- _TASK TO CARRY OUT_:
In the records below, find the line with "handle_auth-client_auth now later" and the line with "auth_from_frame-own print hmac". Print both exactly, along with every line between them, and no other line.

+ + +

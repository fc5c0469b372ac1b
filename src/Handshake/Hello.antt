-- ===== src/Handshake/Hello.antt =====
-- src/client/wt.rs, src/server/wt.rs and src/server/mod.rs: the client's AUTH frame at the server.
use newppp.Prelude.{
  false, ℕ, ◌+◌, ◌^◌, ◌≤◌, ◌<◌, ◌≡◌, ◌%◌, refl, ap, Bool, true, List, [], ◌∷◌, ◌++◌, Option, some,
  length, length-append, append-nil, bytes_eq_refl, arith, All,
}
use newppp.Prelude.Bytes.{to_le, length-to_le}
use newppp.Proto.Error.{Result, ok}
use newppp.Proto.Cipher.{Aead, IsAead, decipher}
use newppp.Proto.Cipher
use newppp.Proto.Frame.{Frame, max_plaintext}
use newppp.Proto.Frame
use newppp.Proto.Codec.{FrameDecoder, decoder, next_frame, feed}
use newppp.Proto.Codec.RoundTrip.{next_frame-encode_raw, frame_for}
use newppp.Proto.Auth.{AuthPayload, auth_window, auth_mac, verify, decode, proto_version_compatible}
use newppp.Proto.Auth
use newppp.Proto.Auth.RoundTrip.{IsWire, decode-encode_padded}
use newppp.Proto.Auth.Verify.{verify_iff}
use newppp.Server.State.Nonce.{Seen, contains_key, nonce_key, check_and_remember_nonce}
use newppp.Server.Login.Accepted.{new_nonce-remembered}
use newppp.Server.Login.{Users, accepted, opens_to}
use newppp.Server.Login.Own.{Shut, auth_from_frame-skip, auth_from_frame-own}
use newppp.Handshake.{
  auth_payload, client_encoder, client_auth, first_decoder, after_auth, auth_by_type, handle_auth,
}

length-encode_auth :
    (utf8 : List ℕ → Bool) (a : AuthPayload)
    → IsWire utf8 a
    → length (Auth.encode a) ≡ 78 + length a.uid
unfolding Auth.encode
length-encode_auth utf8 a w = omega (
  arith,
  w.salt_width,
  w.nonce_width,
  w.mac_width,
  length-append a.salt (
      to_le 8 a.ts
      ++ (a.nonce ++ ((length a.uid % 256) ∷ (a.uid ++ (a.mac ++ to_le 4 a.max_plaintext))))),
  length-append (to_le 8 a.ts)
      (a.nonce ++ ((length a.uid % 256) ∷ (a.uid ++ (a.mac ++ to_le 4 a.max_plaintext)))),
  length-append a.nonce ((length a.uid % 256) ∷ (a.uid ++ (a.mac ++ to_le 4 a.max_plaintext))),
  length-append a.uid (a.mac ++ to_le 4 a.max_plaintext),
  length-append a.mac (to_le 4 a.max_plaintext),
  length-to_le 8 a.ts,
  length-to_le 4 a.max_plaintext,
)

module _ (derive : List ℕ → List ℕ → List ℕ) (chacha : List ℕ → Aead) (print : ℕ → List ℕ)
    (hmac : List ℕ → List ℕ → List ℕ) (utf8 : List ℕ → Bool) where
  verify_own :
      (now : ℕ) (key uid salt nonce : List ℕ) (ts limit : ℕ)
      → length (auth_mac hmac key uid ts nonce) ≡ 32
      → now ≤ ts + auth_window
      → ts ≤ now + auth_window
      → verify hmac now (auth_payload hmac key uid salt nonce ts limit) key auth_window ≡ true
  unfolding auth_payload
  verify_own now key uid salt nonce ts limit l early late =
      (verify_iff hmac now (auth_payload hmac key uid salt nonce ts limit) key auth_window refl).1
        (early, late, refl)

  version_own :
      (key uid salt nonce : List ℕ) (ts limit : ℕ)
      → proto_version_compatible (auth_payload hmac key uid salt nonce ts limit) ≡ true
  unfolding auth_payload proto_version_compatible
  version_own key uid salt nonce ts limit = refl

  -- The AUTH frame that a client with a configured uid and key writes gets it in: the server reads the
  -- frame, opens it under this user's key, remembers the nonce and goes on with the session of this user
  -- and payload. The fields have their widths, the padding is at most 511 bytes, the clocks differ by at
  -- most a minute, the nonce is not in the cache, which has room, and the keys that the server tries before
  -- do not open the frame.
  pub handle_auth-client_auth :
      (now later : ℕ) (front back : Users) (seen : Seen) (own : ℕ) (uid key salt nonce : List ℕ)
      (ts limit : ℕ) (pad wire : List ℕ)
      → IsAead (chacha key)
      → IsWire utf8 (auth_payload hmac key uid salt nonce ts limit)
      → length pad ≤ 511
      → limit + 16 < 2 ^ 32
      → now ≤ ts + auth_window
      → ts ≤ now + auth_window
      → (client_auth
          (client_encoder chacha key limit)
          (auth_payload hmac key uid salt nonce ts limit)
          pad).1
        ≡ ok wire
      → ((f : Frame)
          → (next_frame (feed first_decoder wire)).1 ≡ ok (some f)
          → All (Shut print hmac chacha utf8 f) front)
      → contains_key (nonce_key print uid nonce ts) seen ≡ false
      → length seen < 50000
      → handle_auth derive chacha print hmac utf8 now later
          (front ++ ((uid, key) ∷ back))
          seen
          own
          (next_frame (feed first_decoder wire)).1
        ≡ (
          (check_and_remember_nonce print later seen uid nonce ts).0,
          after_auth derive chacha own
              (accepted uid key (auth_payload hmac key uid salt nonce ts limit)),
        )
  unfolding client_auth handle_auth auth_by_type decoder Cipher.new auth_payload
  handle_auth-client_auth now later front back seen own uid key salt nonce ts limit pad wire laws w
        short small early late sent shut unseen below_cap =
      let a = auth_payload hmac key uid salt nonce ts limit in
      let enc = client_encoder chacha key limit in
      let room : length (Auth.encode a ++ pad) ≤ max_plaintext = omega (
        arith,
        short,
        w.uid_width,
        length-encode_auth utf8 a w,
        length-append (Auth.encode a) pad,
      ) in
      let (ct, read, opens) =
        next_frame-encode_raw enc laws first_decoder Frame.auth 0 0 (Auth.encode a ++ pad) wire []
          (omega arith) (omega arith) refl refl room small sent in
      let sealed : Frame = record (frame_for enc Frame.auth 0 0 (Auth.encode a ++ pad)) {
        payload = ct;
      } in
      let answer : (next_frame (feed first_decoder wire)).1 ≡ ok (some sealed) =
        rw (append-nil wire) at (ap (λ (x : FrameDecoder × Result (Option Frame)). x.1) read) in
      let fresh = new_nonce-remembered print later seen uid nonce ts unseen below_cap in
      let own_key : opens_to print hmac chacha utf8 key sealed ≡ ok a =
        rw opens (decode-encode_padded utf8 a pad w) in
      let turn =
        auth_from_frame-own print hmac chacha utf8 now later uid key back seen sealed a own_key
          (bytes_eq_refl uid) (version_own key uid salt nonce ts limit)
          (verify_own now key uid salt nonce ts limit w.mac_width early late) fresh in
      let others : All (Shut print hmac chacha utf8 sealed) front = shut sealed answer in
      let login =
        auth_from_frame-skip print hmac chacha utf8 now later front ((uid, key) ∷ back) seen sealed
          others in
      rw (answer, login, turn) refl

+ + +

- _WRITTEN RESPONSE_:
  handle_auth-client_auth now later front back seen own uid key salt nonce ts limit pad wire laws w
        short small early late sent shut unseen below_cap =
      let a = auth_payload hmac key uid salt nonce ts limit in
      let enc = client_encoder chacha key limit in
      let room : length (Auth.encode a ++ pad) ≤ max_plaintext = omega (
        arith,
        short,
        w.uid_width,
        length-encode_auth utf8 a w,
        length-append (Auth.encode a) pad,
      ) in
      let (ct, read, opens) =
        next_frame-encode_raw enc laws first_decoder Frame.auth 0 0 (Auth.encode a ++ pad) wire []
          (omega arith) (omega arith) refl refl room small sent in
      let sealed : Frame = record (frame_for enc Frame.auth 0 0 (Auth.encode a ++ pad)) {
        payload = ct;
      } in
      let answer : (next_frame (feed first_decoder wire)).1 ≡ ok (some sealed) =
        rw (append-nil wire) at (ap (λ (x : FrameDecoder × Result (Option Frame)). x.1) read) in
      let fresh = new_nonce-remembered print later seen uid nonce ts unseen below_cap in
      let own_key : opens_to print hmac chacha utf8 key sealed ≡ ok a =
        rw opens (decode-encode_padded utf8 a pad w) in
      let turn =
        auth_from_frame-own print hmac chacha utf8 now later uid key back seen sealed a own_key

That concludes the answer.